Craig Zingerline (16:26):
What we ended up doing is we thought about that zero to one and decided to test discounts on a different type of purchase. So we looked at our single letter purchase, which is our highest seller. At this point we said, “Okay, well let’s maybe pull in some more folks to get their thoughts on how we should actually run and execute those experiments.” Here in this one to 10 step function, if you’ve got a data analyst or a data science team, this is a great time to pull them in. You’re getting a little bit more formal, a little bit more scientific. If you’ve got a design team, maybe add some design polish. You’re probably going to open this up to a bigger cohort of users. So the stakes go up a little bit.
Craig Zingerline (17:03):
Whereas the zero to one game, it’s really supposed to be low risk, kind of lo-fi, just pure experimentation. The one to 10 game, you’re starting to make your idea a little bit more … you’re getting a little bit more sophisticated and so you’ve got to put a little bit more thought into it. Here’s what we look at in terms of the step function of growth. We’ve kind of moved up to that next iteration with this next batch of tests. When we started discounting that single letter, again, there was no product change here. For the first time, we saw our revenue increase. The revenue split between our products changed in a positive way. Again, we had our hypothesis for the first time now, in experiment three we’re seeing, okay this is starting to work.
Craig Zingerline (17:49):
Then we went back to the drawing board and we said, “Okay, well how do we start to scale this effort?” For most organizations, when you get a positive read on your experiment and you can basically look at a wind versus your control, it’s probably time to move it up in terms of visibility. This 10 to 100 step function often is where you’ll get this in front of 50% or 80% of your audience. Maybe not 100% yet, but you’re going to be thinking of new ways to validate whatever hypothesis you might have, and that may include just getting in front of more people or trying to even whack your experiments. If you fail here, then and if you repeatedly fail here, it means you didn’t get enough traction from the experiment.
Craig Zingerline (18:34):
You probably got statistical significance saying that you’re making some difference, but it’s really not big enough to warrant going all in on multiple sprints worth of work on this big feature. So maybe you didn’t have a great idea after all. It’s way better to kill an idea at this point when it’s mostly just been maybe you, maybe a small team working on this, instead of going and spending a month on feature development and then launching it and then failing at that point. This is a much better place to fail. If you succeed though like we did, then you may have a feature item or a backlog item. For us, this actually meant looking at how do we take the data that we leverage and learned in our experiment and scale it up to everybody?
Craig Zingerline (19:19):
So remember, we have this original vision of building this promo code system. At this point, we decided, okay, we’ve got enough data now where we think we can build a new feature, which will actually expand our ability to get this in front of more people and give us more features within our admin tooling of our product to run more iterations of these tests. We thought that if we did that, since we had enough data coming in showing us that we should be successful, we decided, okay, well now it’s time to do a little bit of work. Here we’re at that 10 to 100 area. With growth led development here, we’re looking at amazing ideas. We think, hey, this feature’s really going to move the needle, we build, build, build, it’s going to take three sprints. And we launch, we rake it in, and we have a winner.
Craig Zingerline (20:06):
Basically that’s the process that we went through. If you look at some of the later iterations, once we put a little bit of engineering work into the product at this point with our promo system, by the end, we were able to influence our revenue by over 24% compared to the control. That’s two or three weeks worth of work and a whole bunch of testing before that work, but we were able to fine tune our feature development to a point where we could predict how these experiments were going to run. We got tons of data now in the cohorts and we were really able to impact our revenue in a very, very positive way, and in a lot of ways that’s been a game changer for us.
Craig Zingerline (20:48):
From there, it becomes more of an optimization game.
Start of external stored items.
-- ===== src/Files/Cache.antt =====
-- functions.c: the compiled code of a namespace in its three cache files.
pub mod Paths
use planck.Memory.{memcpy, c_string}
use planck.Prelude.{
  ℕ, ◌+◌, ◌-◌, Bool, true, false, Option, none, some, List, [], ◌∷◌, ◌++◌, Bytes, codes, ltb,
  if◌then◌else◌, length, replicate,
}

-- `max_suffix_len`.
abbrev pub max_suffix_len : ℕ
max_suffix_len = 20

-- The block for a path; every byte is 0.
abbrev pub path_block : Bytes → Bytes
path_block cache_prefix = replicate (length cache_prefix + max_suffix_len) 0

-- `strcpy(path, cache_prefix); strcat(path, suffix)`, each with its zero; `none` is a write behind
-- the block.
abbrev then_cat : Bytes → Bytes → Option Bytes → Option Bytes
then_cat cache_prefix suffix none = none
then_cat cache_prefix suffix (some path) = memcpy path (length (c_string path)) (suffix ++ 0 ∷ [])

unfoldable pub path_with : Bytes → Bytes → Bytes → Option Bytes
unfolding memcpy c_string
path_with cache_prefix suffix path =
    then_cat cache_prefix suffix (memcpy path 0 (cache_prefix ++ 0 ∷ []))

-- What happens: a file is written with a text, or `write_contents` is called with a null pointer,
-- whose length it takes; or a path does not fit into its block.
pub data Event : Type 0 where
  writes : Bytes → Bytes → Event
  null_contents overrun : Event

abbrev write_to : Bytes → Option Bytes → Event
write_to path none = null_contents
write_to path (some text) = writes (c_string path) text

abbrev pub third : Option Bytes → Option Bytes → List Event
third sourcemap none = overrun ∷ []
third none (some path) = []
third (some text) (some path) = writes (c_string path) text ∷ []

abbrev second : Bytes → Option Bytes → Option Bytes → Option Bytes → List Event
second cache_prefix cache sourcemap none = overrun ∷ []
second cache_prefix cache sourcemap (some path) =
    write_to path cache ∷ third sourcemap (path_with cache_prefix (codes ".js.map.json") path)

abbrev first : Bytes → Bytes → Option Bytes → Option Bytes → Option Bytes → List Event
first cache_prefix source cache sourcemap none = overrun ∷ []
first cache_prefix source cache sourcemap (some path) =
    write_to path (some source)
    ∷ second cache_prefix cache sourcemap (path_with cache_prefix (codes ".cache.json") path)

-- The texts are those of the arguments, `none` for null. (What follows an event that the program
-- does not survive is listed too.)
unfoldable pub function_cache : Bytes → Bytes → Option Bytes → Option Bytes → List Event
unfolding path_with
function_cache cache_prefix source cache sourcemap =
    first cache_prefix source cache sourcemap
      (path_with cache_prefix (codes ".js") (path_block cache_prefix))
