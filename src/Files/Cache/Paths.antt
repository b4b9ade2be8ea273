-- ===== src/Files/Cache/Paths.antt =====
-- functions.c: the paths of the cache files fit into their block.
use planck.Memory.{memcpy, memcpy_lem, c_string, c_string_front, spliced, length-spliced}
use planck.Files.Cache.{max_suffix_len, path_block, path_with, Event, writes, third, function_cache}
use planck.Prelude.{
  ℕ, ◌+◌, ◌≤◌, ◌<◌, ◌≡◌, refl, sym, ap, ◌∙◌, Option, none, some, List, [], ◌∷◌, ◌++◌, Bytes, codes,
  Free, arith, append_assoc, length, length-append, length-replicate, drop, take-append_exact,
}

-- What is in front of the block, once a text with its zero is copied behind a prefix.
copied :
    (prefix suffix rest : Bytes)
    → prefix ++ ((suffix ++ 0 ∷ []) ++ rest) ≡ (prefix ++ suffix) ++ 0 ∷ rest
copied prefix suffix rest =
    ap (λ (t : Bytes). prefix ++ t) (append_assoc suffix (0 ∷ []) rest)
    ∙ sym (append_assoc prefix suffix (0 ∷ rest))

module _ (prefix : Bytes) (free : Free 0 prefix) where
  strcpy_lem :
      (path : Bytes)
      → length path ≡ length prefix + max_suffix_len
      → (rest : Bytes) × (memcpy path 0 (prefix ++ 0 ∷ []) ≡ some (prefix ++ 0 ∷ rest))
        × (length (prefix ++ 0 ∷ rest) ≡ length prefix + max_suffix_len)
  strcpy_lem path size =
      let fits : 0 + length (prefix ++ 0 ∷ []) ≤ length path =
        omega (arith, size, length-append prefix (0 ∷ [])) in
      let rest = drop (0 + length (prefix ++ 0 ∷ [])) path in
      let e : (prefix ++ 0 ∷ []) ++ rest ≡ prefix ++ 0 ∷ rest = append_assoc prefix (0 ∷ []) rest in
      (
        rest,
        memcpy_lem path 0 (prefix ++ 0 ∷ []) fits ∙ ap some e,
        ap length (sym e) ∙ length-spliced path 0 (prefix ++ 0 ∷ []) fits ∙ size,
      )

  -- The path and its zero stand at the front of the block, which keeps its length.
  path_with_lem :
      (suffix path : Bytes)
      → Free 0 (prefix ++ suffix)
      → length suffix < max_suffix_len
      → length path ≡ length prefix + max_suffix_len
      → (path' : Bytes) × (path_with prefix suffix path ≡ some path')
        × (length path' ≡ length prefix + max_suffix_len)
        × (c_string path' ≡ prefix ++ suffix)
  unfolding path_with
  path_with_lem suffix path all_free short size =
      let (rest, e1, size1) = strcpy_lem path size in
      let m = prefix ++ 0 ∷ rest in
      let at_end : length (c_string m) ≡ length prefix =
        ap length (c_string_front prefix rest free) in
      let fits : length prefix + length (suffix ++ 0 ∷ []) ≤ length m =
        omega (arith, size1, length-append suffix (0 ∷ [])) in
      let front : spliced m (length prefix) (suffix ++ 0 ∷ [])
          ≡ (prefix ++ suffix) ++ 0 ∷ drop (length prefix + length (suffix ++ 0 ∷ [])) m =
        rw (take-append_exact prefix (0 ∷ rest)) (copied prefix suffix _) in
      (
        spliced m (length prefix) (suffix ++ 0 ∷ []),
        rw e1 (
            ap (λ n. memcpy m n (suffix ++ 0 ∷ [])) at_end
            ∙ memcpy_lem m (length prefix) (suffix ++ 0 ∷ []) fits),
        length-spliced m (length prefix) (suffix ++ 0 ∷ []) fits ∙ size1,
        ap c_string front ∙ c_string_front (prefix ++ suffix) _ all_free,
      )

Free-append : (c : ℕ) (a b : Bytes) → Free c a → Free c b → Free c (a ++ b)
Free-append c [] b f g = g
Free-append c (x ∷ a) b f g = (f.0, Free-append c a b f.1 g)

-- What is to happen: the source and the cache are written, and the source map if there is one.
abbrev pub expected : Bytes → Bytes → Bytes → Option Bytes → List Event
expected prefix source cache none =
    writes (prefix ++ codes ".js") source ∷ writes (prefix ++ codes ".cache.json") cache ∷ []
expected prefix source cache (some map) =
    writes (prefix ++ codes ".js") source
    ∷ writes (prefix ++ codes ".cache.json") cache
    ∷ writes (prefix ++ codes ".js.map.json") map
    ∷ []

as_expected :
    (prefix : Bytes) {source cache : Bytes} (p1 p2 p3 : Bytes) (sourcemap : Option Bytes)
    → c_string p1 ≡ prefix ++ codes ".js"
    → c_string p2 ≡ prefix ++ codes ".cache.json"
    → c_string p3 ≡ prefix ++ codes ".js.map.json"
    → writes (c_string p1) source ∷ writes (c_string p2) cache ∷ third sourcemap (some p3)
      ≡ expected prefix source cache sourcemap
as_expected prefix p1 p2 p3 none c1 c2 c3 = rw (c1, c2) refl
as_expected prefix p1 p2 p3 (some map) c1 c2 c3 = rw (c1, c2, c3) refl

-- With a cache that is not null the files are the prefix with .js, .cache.json and, if there is a
-- source map, .js.map.json behind it, and no path is written behind its block.
pub function_cache_lem :
    (prefix source cache : Bytes) (sourcemap : Option Bytes)
    → Free 0 prefix
    → function_cache prefix source (some cache) sourcemap ≡ expected prefix source cache sourcemap
unfolding function_cache
function_cache_lem prefix source cache sourcemap free =
    let (p1, e1, size1, c1) =
      path_with_lem prefix free (codes ".js") (path_block prefix)
        (Free-append 0 prefix (codes ".js") free (omega arith)) (omega arith)
        (length-replicate {A = ℕ} (length prefix + max_suffix_len) 0) in
    let (p2, e2, size2, c2) =
      path_with_lem prefix free (codes ".cache.json") p1
        (Free-append 0 prefix (codes ".cache.json") free (omega arith)) (omega arith) size1 in
    let (p3, e3, size3, c3) =
      path_with_lem prefix free (codes ".js.map.json") p2
        (Free-append 0 prefix (codes ".js.map.json") free (omega arith)) (omega arith) size2 in
    rw (e1, e2, e3) (as_expected prefix p1 p2 p3 sourcemap c1 c2 c3)
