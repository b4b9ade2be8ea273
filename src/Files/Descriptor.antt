-- ===== src/Files/Descriptor.antt =====
-- functions.c: the text of a descriptor.
use mathlib.Core.Option
use planck.Memory.{memcpy, memcpy_lem, c_string, c_string_front, c_string-Free}
use planck.Text.Decimal.{
  digits_from, decimal, decimal-AllDigits, decimal-Nonempty, length-decimal, digits_from-decimal,
  AllDigits, AllDigits-Free,
}
use planck.Files.{descriptor_int_to_str, descriptor_str_to_int}
use planck.Prelude.{
  ℕ, ◌+◌, ◌^◌, ◌<◌, ◌≤◌, ◌≡◌, refl, ap, ◌∙◌, some, [], ◌∷◌, ◌++◌, Bytes, arith, length,
  length-append, length-replicate, replicate, drop, append_assoc,
}

text_fits :
    (s : Bytes)
    → length s ≤ 20
    → AllDigits s
    → Option.map c_string (memcpy (replicate 21 0) 0 (s ++ 0 ∷ [])) ≡ some s
text_fits s few all =
    rw
      (
        memcpy_lem (replicate 21 0) 0 (s ++ 0 ∷ [])
            (omega (arith, length-append s (0 ∷ []), length-replicate {A = ℕ} 21 0)),
        append_assoc s (0 ∷ []) (drop (0 + length (s ++ 0 ∷ [])) (replicate 21 0)),
        c_string_front s (drop (0 + length (s ++ 0 ∷ [])) (replicate 21 0)) (AllDigits-Free s all),
      )
      refl

-- The text of a descriptor fits into its block.
pub descriptor_int_to_str_lem : (i : ℕ) → i < 2 ^ 64 → descriptor_int_to_str i ≡ some (decimal 20 i)
unfolding descriptor_int_to_str
descriptor_int_to_str_lem i h =
    text_fits (decimal 20 i) (length-decimal 20 i) (decimal-AllDigits 20 i)

str_to_int_digits :
    (s : Bytes)
    → 0 < length s
    → AllDigits s
    → digits_from 0 s < 2 ^ 63
    → descriptor_str_to_int s ≡ some (digits_from 0 s)
unfolding descriptor_str_to_int
str_to_int_digits [] some_digit all h = elim some_digit [ ]
str_to_int_digits (c ∷ s) some_digit all h = ground arith

-- The text of a descriptor below 2^63 fits into its block of 21 bytes with the zero behind it, and
-- reading the text gives the descriptor.
pub descriptor_str_to_int-int_to_str :
    (i : ℕ)
    → i < 2 ^ 63
    → (s : Bytes) × (descriptor_int_to_str i ≡ some s)
      × (descriptor_str_to_int (c_string s) ≡ some i)
descriptor_str_to_int-int_to_str i h =
    let back : digits_from 0 (decimal 20 i) ≡ i = digits_from-decimal 20 i (omega arith) in
    (
      decimal 20 i,
      descriptor_int_to_str_lem i (omega arith),
      ap descriptor_str_to_int
            (c_string-Free (decimal 20 i) (AllDigits-Free (decimal 20 i) (decimal-AllDigits 20 i)))
          ∙ str_to_int_digits (decimal 20 i) (decimal-Nonempty 19 i) (decimal-AllDigits 20 i)
              (rw back h)
          ∙ ap some back,
    )
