-- ===== src/Javascript.antt =====
-- The JavaScript values that the native functions take and return, and planck-c/jsc_utils.c as far
-- as it turns them into C values.
use planck.Memory.{c_string}
use planck.Prelude.{ℕ, Bool, false, not, ◌&&◌, ◌||◌, Option, none, some, List, Bytes, ltb, ◌==◌}
use planck.Prelude.Int.{ℤ, pos}

-- A double, as comparisons with whole numbers and conversions to integers tell it: not a number,
-- below or above all integers, or an integer and whether a fraction is added to it.
pub data Number : Type 0 where
  nan below above : Number
  finite : ℤ → Bool → Number

-- An element of an array.
pub data Element : Type 0 where
  num : Number → Element
  str : Bytes → Element
  other : Element

-- A string is its UTF-8 text.
pub data Value : Type 0 where
  undefined null object : Value
  boolean : Bool → Value
  number : Number → Value
  string : Bytes → Value
  array : List Element → Value

-- `none` is a null pointer.
unfoldable pub value_to_c_string : Value → Option Bytes
unfolding c_string
value_to_c_string (string s) = some (c_string s)
value_to_c_string _ = none

-- Whether `0 <= n && n <= 255`.
unfoldable pub in_byte_range : Number → Bool
in_byte_range (finite (pos n) fraction) = ltb n 255 || n == 255 && not fraction
in_byte_range _ = false

-- The conversion of a number in that range to `uint8_t`.
abbrev pub to_uint8 : Number → ℕ
to_uint8 (finite (pos n) fraction) = n
to_uint8 _ = 0

abbrev pub of_byte : ℕ → Element
of_byte n = num (finite (pos n) false)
So, it’s less, build, build, build, it’s more, okay let’s tweak the messaging, let’s test with different cohorts, let’s change colors and button sizes and display tactics and things like that once we get this thing out into the wild at scale. That’s what we call the optimization or always on mode. Once you walk through the step functions, it’s likely that you’ll build your learnings into your product. Just like we did with our promo code system, we took those learnings, we iterated, and then those became all the updates that we put into our software. In fact, we’re still working on new iterations of that promo code module that we started so simply. Then from there, you’re going to start the process over with a new set of hypotheses and you just kind of repeat, and it’s really fun.
Craig Zingerline (21:40):
The takeaway though is hold yourself and your product team accountable to not build too many unvetted features because that really is what will kill a startup. Switching gears a little bit, so when you look at roadmapping growth and how to get started with this stuff, really what you should be considering are two different streams of features that feed your product backlog. You saw this image down in the lower right before where you’ve got your product backlog, moving your sprint backlog, moving your sprint and then release. The way I look at this as a product manager is you’ve really got two streams. You’ve got your experiment stream, which is you’ve got this idea, you test, test, test, and then you build. Those ideas become part of your backlog, but they’ve been vetted.
Craig Zingerline (22:28):
Then there’s going to be things that you know or “know” you need to build, and that becomes its own stream. It’s not uncommon for that second batch to be where most startups spend most of their time, but the high growth startups really look at that experimentation stream and leverage those learnings and lessons to primarily be the feeder of the core backlog. I think there’s always things that you know that you need to build. If you’re processing payments, and that’s core to what you’re doing as a company, and you can’t process payments until you build a payment processor or do the integration, then you have to do that work.
Craig Zingerline (23:12):
Those are things that you know you have to do. There’s always going to be some of those or it’s likely there’s always going to be some of those. But the rest of it, you have to work from an experimentation standpoint if you really want to move fast and not waste time. From there, just generate ideas and go. So you don’t need full-time resources to run experiments. You don’t need a full time growth team. Everybody’s got ideas. You can workshop this with your company and you can leverage the crowd to get ideas. We do a lot of this at Sandbox where ideas come from everywhere. Pretty much every company where I’ve been at and any gigs that I’m on, it’s been really interesting to see who’s coming up with ideas, and it really is cross-functional. So you really have to embrace that. Come up with a methodology and a process so that anybody in your organization can participate in that experimentation process.
Craig Zingerline (24:04):
You also probably should have somebody functionally act as a growth lead. Really, what that means is that somebody is designated as the person who’s shepherding these ideas through the backlog process. It could be your product manager, it might be a growth lead. If you’ve got a growth product manager, that will be this person. But it could be somebody on marketing, it could be somebody in operations. Really, it doesn’t really matter, but you want somebody to basically be, not really the gatekeeper, but the organizer of these ideas and the person who socializes these ideas and have them functionally act as that.
Craig Zingerline (24:43):
Then obviously pulling these cross functional team members, so engineering product, etc, to support your efforts as you go. Most importantly, I think it’s critical for all the high growth companies that I’ve worked with, the executive team has really had buy-in to let the team be fairly autonomous in terms of what they’re allowed to do and enable them to take on some risk. When you free up the team, maybe you put some boundaries around what they can and can’t do or what they can and can’t spend, maybe some messaging constraints and things like that. When you open that up, you really may find that you’re able to move a lot faster because people feel invigorated that they can go from their idea through execution, through this process really quickly. It’s super engaging.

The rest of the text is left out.